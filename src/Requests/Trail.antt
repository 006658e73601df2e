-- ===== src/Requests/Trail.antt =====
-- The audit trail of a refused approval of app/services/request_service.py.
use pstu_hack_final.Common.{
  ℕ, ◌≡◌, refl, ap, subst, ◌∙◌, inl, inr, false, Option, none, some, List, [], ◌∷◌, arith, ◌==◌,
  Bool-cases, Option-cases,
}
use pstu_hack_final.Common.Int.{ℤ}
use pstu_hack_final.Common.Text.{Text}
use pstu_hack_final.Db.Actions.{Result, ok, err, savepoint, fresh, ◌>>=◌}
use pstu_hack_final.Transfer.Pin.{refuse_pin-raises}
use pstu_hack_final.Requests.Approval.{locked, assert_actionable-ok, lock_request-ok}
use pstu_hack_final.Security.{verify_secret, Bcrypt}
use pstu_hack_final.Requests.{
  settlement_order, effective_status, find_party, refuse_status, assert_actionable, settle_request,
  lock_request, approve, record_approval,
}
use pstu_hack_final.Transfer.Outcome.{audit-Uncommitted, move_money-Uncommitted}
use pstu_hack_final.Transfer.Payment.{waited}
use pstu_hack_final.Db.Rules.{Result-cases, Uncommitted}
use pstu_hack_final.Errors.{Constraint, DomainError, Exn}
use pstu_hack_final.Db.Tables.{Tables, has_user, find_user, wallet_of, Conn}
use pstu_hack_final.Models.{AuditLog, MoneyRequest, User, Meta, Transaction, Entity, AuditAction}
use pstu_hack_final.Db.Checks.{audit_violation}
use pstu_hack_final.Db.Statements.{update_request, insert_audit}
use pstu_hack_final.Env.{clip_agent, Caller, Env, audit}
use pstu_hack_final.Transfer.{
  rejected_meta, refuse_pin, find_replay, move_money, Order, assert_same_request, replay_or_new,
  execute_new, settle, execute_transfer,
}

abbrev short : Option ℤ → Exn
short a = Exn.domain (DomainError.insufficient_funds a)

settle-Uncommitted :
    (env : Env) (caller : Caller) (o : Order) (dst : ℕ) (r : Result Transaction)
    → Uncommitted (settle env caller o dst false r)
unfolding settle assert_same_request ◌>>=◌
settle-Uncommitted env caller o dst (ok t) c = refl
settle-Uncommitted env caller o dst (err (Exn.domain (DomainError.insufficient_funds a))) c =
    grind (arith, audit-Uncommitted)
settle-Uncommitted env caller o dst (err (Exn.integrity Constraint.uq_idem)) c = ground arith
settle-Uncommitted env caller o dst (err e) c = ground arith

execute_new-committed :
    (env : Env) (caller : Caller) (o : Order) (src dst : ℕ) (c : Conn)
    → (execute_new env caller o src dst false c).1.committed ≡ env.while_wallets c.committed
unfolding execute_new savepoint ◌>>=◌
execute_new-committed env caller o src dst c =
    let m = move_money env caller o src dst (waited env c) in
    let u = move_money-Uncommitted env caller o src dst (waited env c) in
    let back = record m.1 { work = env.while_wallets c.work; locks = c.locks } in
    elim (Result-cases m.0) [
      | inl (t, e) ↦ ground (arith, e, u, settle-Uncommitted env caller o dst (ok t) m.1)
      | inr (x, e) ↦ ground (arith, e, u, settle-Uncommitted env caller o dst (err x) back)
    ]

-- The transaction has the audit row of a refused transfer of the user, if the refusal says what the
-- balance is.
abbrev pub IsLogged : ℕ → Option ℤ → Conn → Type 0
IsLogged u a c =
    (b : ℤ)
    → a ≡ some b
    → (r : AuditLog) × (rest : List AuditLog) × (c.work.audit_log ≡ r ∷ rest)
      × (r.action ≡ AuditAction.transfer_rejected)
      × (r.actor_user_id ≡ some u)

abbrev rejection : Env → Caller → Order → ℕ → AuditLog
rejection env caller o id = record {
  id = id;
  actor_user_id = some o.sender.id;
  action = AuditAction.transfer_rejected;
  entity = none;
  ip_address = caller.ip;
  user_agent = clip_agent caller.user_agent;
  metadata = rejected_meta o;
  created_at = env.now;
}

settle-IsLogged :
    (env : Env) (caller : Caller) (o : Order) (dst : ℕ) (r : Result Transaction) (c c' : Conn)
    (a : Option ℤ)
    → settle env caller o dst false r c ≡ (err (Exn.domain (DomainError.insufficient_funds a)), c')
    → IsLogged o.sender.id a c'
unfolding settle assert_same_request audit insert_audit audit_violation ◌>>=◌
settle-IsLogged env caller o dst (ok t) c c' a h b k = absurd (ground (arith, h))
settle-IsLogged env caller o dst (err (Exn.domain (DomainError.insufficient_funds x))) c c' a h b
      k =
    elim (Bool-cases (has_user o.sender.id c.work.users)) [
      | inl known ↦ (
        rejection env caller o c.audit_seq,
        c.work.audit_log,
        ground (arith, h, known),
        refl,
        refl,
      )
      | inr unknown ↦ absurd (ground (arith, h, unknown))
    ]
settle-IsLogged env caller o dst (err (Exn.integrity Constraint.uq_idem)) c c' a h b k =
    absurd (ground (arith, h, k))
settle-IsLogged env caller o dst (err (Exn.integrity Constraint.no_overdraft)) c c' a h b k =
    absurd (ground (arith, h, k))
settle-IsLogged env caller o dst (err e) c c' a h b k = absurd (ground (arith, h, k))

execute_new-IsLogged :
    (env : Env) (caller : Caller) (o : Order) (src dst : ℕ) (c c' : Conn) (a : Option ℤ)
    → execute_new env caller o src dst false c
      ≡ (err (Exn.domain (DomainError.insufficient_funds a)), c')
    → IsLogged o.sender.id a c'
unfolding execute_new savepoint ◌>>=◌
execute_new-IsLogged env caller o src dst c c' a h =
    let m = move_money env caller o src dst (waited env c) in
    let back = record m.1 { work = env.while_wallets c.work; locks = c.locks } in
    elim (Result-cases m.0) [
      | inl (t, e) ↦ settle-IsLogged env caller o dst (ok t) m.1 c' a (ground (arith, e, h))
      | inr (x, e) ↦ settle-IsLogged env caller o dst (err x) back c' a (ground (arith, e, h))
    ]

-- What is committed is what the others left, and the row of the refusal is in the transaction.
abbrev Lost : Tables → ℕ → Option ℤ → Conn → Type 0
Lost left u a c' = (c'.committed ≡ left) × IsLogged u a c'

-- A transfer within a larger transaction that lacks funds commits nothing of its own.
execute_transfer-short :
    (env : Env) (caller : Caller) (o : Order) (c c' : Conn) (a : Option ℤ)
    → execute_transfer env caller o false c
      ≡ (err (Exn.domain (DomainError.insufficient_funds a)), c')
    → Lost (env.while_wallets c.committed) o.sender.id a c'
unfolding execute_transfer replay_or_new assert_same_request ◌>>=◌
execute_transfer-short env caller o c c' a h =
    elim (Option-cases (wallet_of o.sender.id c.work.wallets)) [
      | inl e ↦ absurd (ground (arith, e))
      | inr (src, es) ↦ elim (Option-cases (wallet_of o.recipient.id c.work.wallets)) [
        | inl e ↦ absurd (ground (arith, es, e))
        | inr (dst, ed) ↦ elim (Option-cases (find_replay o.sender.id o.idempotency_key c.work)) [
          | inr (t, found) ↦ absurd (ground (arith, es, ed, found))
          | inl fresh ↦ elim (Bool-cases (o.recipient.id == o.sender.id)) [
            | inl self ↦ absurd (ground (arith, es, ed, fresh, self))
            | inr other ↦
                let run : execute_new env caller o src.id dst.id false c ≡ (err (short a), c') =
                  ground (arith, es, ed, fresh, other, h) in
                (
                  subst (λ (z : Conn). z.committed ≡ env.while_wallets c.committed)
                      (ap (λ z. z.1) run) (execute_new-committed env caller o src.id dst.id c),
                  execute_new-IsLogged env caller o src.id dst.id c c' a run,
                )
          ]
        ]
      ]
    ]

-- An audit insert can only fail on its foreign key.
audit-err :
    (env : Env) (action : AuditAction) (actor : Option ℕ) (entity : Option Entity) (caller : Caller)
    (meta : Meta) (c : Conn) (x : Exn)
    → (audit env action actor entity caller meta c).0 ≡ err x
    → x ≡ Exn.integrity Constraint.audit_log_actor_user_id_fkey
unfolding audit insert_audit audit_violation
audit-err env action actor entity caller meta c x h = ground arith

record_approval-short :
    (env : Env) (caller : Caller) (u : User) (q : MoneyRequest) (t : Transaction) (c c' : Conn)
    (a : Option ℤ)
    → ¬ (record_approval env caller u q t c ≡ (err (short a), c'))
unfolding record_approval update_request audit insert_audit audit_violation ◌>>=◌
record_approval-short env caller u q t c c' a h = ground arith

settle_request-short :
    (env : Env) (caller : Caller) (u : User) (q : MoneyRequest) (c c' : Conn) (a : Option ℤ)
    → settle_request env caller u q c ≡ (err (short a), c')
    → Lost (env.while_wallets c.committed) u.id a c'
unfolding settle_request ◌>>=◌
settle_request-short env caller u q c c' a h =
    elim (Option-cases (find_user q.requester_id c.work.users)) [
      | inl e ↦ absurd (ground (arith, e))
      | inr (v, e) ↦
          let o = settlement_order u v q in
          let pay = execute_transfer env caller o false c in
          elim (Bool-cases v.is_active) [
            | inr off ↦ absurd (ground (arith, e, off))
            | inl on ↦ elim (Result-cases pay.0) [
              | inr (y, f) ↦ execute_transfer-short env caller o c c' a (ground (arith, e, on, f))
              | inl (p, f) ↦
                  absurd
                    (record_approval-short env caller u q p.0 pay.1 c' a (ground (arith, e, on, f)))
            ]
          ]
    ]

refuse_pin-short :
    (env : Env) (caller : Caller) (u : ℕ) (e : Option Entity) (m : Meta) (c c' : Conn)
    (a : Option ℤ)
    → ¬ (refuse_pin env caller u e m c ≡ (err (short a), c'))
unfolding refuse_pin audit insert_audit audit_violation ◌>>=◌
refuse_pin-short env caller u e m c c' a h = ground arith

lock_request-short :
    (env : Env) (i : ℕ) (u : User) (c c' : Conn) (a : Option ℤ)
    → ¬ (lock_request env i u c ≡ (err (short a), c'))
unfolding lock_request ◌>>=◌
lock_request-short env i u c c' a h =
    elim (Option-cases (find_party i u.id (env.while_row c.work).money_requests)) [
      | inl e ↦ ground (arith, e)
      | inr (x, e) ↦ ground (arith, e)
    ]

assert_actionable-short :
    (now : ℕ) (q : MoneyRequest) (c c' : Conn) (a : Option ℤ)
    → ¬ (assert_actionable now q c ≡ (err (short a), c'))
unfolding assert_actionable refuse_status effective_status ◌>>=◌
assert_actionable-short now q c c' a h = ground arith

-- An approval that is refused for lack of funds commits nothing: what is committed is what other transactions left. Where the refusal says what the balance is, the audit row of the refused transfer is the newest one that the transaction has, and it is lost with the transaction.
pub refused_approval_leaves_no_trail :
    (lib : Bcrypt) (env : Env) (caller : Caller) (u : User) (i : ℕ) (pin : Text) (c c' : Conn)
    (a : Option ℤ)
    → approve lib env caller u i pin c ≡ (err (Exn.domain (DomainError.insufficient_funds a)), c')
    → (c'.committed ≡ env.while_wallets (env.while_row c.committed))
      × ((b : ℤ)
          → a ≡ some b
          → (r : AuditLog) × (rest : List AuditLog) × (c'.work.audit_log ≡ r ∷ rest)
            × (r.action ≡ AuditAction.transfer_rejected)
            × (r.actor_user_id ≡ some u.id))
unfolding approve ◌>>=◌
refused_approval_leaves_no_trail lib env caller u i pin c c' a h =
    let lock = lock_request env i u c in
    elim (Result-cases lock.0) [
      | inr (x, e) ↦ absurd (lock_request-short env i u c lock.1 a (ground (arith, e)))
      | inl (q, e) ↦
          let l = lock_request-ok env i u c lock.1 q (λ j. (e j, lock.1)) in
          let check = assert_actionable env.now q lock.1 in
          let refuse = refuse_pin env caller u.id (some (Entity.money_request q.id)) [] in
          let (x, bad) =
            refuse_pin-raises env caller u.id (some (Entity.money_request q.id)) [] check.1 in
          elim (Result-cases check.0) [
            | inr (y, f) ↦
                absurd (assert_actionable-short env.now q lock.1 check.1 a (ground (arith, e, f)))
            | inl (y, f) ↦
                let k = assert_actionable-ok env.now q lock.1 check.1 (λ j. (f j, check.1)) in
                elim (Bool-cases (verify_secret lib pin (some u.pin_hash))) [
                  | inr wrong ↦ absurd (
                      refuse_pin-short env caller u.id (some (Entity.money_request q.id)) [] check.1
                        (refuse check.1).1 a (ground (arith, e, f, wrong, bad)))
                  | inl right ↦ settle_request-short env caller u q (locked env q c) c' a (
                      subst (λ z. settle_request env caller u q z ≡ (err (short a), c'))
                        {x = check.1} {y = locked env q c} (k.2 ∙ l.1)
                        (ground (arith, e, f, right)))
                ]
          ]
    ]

## Your assignment
What this exercise asks for is every line of the data above with the word "subst".

## Task solution
  ℕ, ◌≡◌, refl, ap, subst, ◌∙◌, inl, inr, false, Option, none, some, List, [], ◌∷◌, arith, ◌==◌,
                  subst (λ (z : Conn). z.committed ≡ env.while_wallets c.committed)
                      subst (λ z. settle_request env caller u q z ≡ (err (short a), c'))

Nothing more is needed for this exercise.